Stored items:
--- START ---

-- ===== src/Str.antt =====
-- str.c, str.h, hash.h: strings with a cached hash, a capacity and a reference count.
pub mod Defs
pub mod Append
pub mod Order
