-- ===== src/Str/Append.antt =====
-- str.c, hash.h: the cached hash, string_append and string_equal.
use Prim.Native.Nat.{bit_xor}
use mathlib.Core.Path.{ap₂}
use calx.Number.Words.{pow_zero}
use native.Mathlib.Nat.{pow-suc, mul-le-mul_right}
use calx.Base.{
  ℕ, zero, suc, ◌+◌, ◌*◌, ◌/◌, ◌%◌, ◌^◌, ◌≤◌, ◌≡◌, refl, sym, ap, ◌∙◌, inl, inr, Bool, true, false,
  not, some, [], ◌∷◌, ◌++◌, Bytes, bytes_eq, arith, length, length-append, ltb, ◌==◌, ==_iff,
  if◌then◌else◌, Bool-cases, ◌↔◌,
}
use calx.Str.Defs.{
  String, size_max, hash_str_concat, hash_str, grow_capacity, with_capacity,
  string_new_with_capacity, string_hot_append_begin, string_hot_append_end, string_append,
  string_equal,
}

-- the hash is that of the data, and the data fits
pub record IsHashed (s : String) : Type 0 where
  pub hash : s.hash ≡ hash_str s.bytes
  pub room : length s.bytes ≤ s.capacity

hash_str_concat-append :
    (h : ℕ) (s t : Bytes) → hash_str_concat h (s ++ t) ≡ hash_str_concat (hash_str_concat h s) t
unfolding hash_str_concat
hash_str_concat-append h [] t = refl
hash_str_concat-append h (c ∷ s) t = hash_str_concat-append (bit_xor h c * 16777619 % 2 ^ 32) s t

grow_step :
    (fuel c req : ℕ)
    → ltb c req ≡ true
    → grow_capacity (suc fuel) c req ≡ grow_capacity fuel (c * 2) req
unfolding grow_capacity
grow_step fuel c req e = rw e refl

grow_stop : (fuel c req : ℕ) → ltb c req ≡ false → grow_capacity (suc fuel) c req ≡ some c
unfolding grow_capacity
grow_stop fuel c req e = rw e refl

grow_capacity-enough :
    (fuel c req : ℕ)
    → req ≤ c * 2 ^ fuel
    → (c' : ℕ) × (grow_capacity (suc fuel) c req ≡ some c') × (req ≤ c') × (c ≤ c')
grow_capacity-enough zero c req h =
    let le : req ≤ c = omega (arith, ap (λ (t : ℕ). c * t) (pow_zero 2)) in
    (c, grow_stop zero c req (ground arith), le, omega arith)
grow_capacity-enough (suc fuel) c req h = elim (Bool-cases (ltb c req)) [
  | inl e ↦
      let (c', f, le, more) =
        grow_capacity-enough fuel (c * 2) req
          (omega (arith, ap (λ (t : ℕ). c * t) (pow-suc 2 fuel))) in
      (c', grow_step (suc fuel) c req e ∙ f, le, omega arith)
  | inr e ↦ (c, grow_stop (suc fuel) c req e, ground arith, omega arith)
]

-- a string that is ready for more bytes
record Ready (s w : String) (req : ℕ) : Type 0 where
  bytes : w.bytes ≡ s.bytes
  hash : w.hash ≡ hash_str s.bytes
  single : w.nrefs ≡ 1
  room : req ≤ w.capacity

with_capacity-Ready :
    (s : String) (c req : ℕ) → IsHashed s → req ≤ c → Ready s (with_capacity s c) req
unfolding with_capacity string_new_with_capacity
with_capacity-Ready s c req v le = elim (Bool-cases (s.nrefs == 1)) [
  | inl e ↦ elim (Bool-cases (ltb s.capacity c)) [
    | inl f ↦
        rw (e, f) (record { bytes = refl; hash = v.hash; single = (==_iff _ 1).0 e; room = le })
    | inr f ↦
        rw (e, f)
          (record { bytes = refl; hash = v.hash; single = (==_iff _ 1).0 e; room = ground arith })
  ]
  | inr e ↦ rw e (record { bytes = refl; hash = refl; single = refl; room = le })
]

first_capacity : ℕ → ℕ
first_capacity c = if c == 0 then 1 else c

string_hot_append_begin-Ready :
    (s : String) (n : ℕ)
    → IsHashed s
    → length s.bytes + n ≤ size_max / 2
    → (w : String) × (string_hot_append_begin s n ≡ some w) × Ready s w (length s.bytes + n)
unfolding string_hot_append_begin
string_hot_append_begin-Ready s n v h =
    let one : 1 ≤ (if s.capacity == 0 then 1 else s.capacity) = ground arith in
    let (c, e, le, more) =
      grow_capacity-enough 64 (if s.capacity == 0 then 1 else s.capacity) (length s.bytes + n)
        (omega (arith, mul-le-mul_right (2 ^ 64) one)) in
    let small : ltb (size_max / 2) (length s.bytes + n) ≡ false = ground arith in
    (with_capacity s c, rw (small, e) refl, with_capacity-Ready s c (length s.bytes + n) v le)

appended :
    (s w : String) (x : Bytes)
    → Ready s w (length s.bytes + length x)
    → IsHashed (string_hot_append_end w x)
unfolding string_hot_append_end hash_str
appended s w x r = record {
  hash =
      ap (λ (t : ℕ). hash_str_concat t x) r.hash
      ∙ sym (hash_str_concat-append 2166136261 s.bytes x)
      ∙ ap (λ t. hash_str_concat 2166136261 (t ++ x)) (sym r.bytes);
  room = omega (arith, length-append w.bytes x, ap length r.bytes, r.room);
}

-- Appending to a string with a right hash gives the bytes of both, with one reference and again the
-- right hash, in place or not, as long as the size fits into half of a size_t.
pub string_append-IsHashed :
    (s : String) (x : Bytes)
    → IsHashed s
    → length s.bytes + length x ≤ size_max / 2
    → (r : String) × (string_append s x ≡ some r)
      × (r.bytes ≡ s.bytes ++ x)
      × (r.nrefs ≡ 1)
      × IsHashed r
unfolding string_append string_hot_append_end
string_append-IsHashed s x v h =
    let (w, e, r) = string_hot_append_begin-Ready s (length x) v h in
    (string_hot_append_end w x, rw e refl, ap (λ t. t ++ x) r.bytes, r.single, appended s w x r)

bytes_eq→eq : (s t : Bytes) → bytes_eq s t ≡ true → s ≡ t
bytes_eq→eq [] [] h = refl
bytes_eq→eq [] (e ∷ t) h = cc
bytes_eq→eq (c ∷ s) [] h = cc
bytes_eq→eq (c ∷ s) (e ∷ t) h =
    let heads : (c == e) ≡ true = ground arith in
    let tails : bytes_eq s t ≡ true = ground arith in
    ap₂ (λ x y. x ∷ y) ((==_iff c e).0 heads) (bytes_eq→eq s t tails)

bytes_eq_refl : (s : Bytes) → bytes_eq s s ≡ true
bytes_eq_refl [] = refl
bytes_eq_refl (c ∷ s) = rw (bytes_eq_refl s) (ground arith)

last_test : (p q r : Bool) → (if not p then false else if not q then false else r) ≡ true → r ≡ true
last_test true true r h = h
last_test true false r h = cc
last_test false q r h = cc

-- Strings with right hashes are equal exactly where their bytes are.
pub string_equal_iff :
    (s t : String) → IsHashed s → IsHashed t → (string_equal s t ≡ true) ↔ (s.bytes ≡ t.bytes)
unfolding string_equal
string_equal_iff s t v w = (
  λ h.
      bytes_eq→eq s.bytes t.bytes
        (last_test (length s.bytes == length t.bytes) (s.hash == t.hash) _ h),
  λ e.
      let sizes : (length s.bytes == length t.bytes) ≡ true = (==_iff _ _).1 (ap length e) in
      let hashes : (s.hash == t.hash) ≡ true =
        (==_iff _ _).1 (v.hash ∙ ap hash_str e ∙ sym w.hash) in
      let same : bytes_eq s.bytes t.bytes ≡ true =
        ap (λ x. bytes_eq s.bytes x) (sym e) ∙ bytes_eq_refl s.bytes in
      rw (sizes, hashes, same) refl,
)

--- END ---

**WHAT IS NEEDED**
Reproduce exactly the entries above, limited to the lines from the one with "pub hash : s.hash ≡ hash_str s.bytes" through the one with "c * 2 ^ fuel", both included.

**SOLUTION**
  pub hash : s.hash ≡ hash_str s.bytes
  pub room : length s.bytes ≤ s.capacity

hash_str_concat-append :
    (h : ℕ) (s t : Bytes) → hash_str_concat h (s ++ t) ≡ hash_str_concat (hash_str_concat h s) t
unfolding hash_str_concat
hash_str_concat-append h [] t = refl
hash_str_concat-append h (c ∷ s) t = hash_str_concat-append (bit_xor h c * 16777619 % 2 ^ 32) s t

grow_step :
    (fuel c req : ℕ)
    → ltb c req ≡ true
    → grow_capacity (suc fuel) c req ≡ grow_capacity fuel (c * 2) req
unfolding grow_capacity
grow_step fuel c req e = rw e refl

grow_stop : (fuel c req : ℕ) → ltb c req ≡ false → grow_capacity (suc fuel) c req ≡ some c
unfolding grow_capacity
grow_stop fuel c req e = rw e refl

grow_capacity-enough :
    (fuel c req : ℕ)
    → req ≤ c * 2 ^ fuel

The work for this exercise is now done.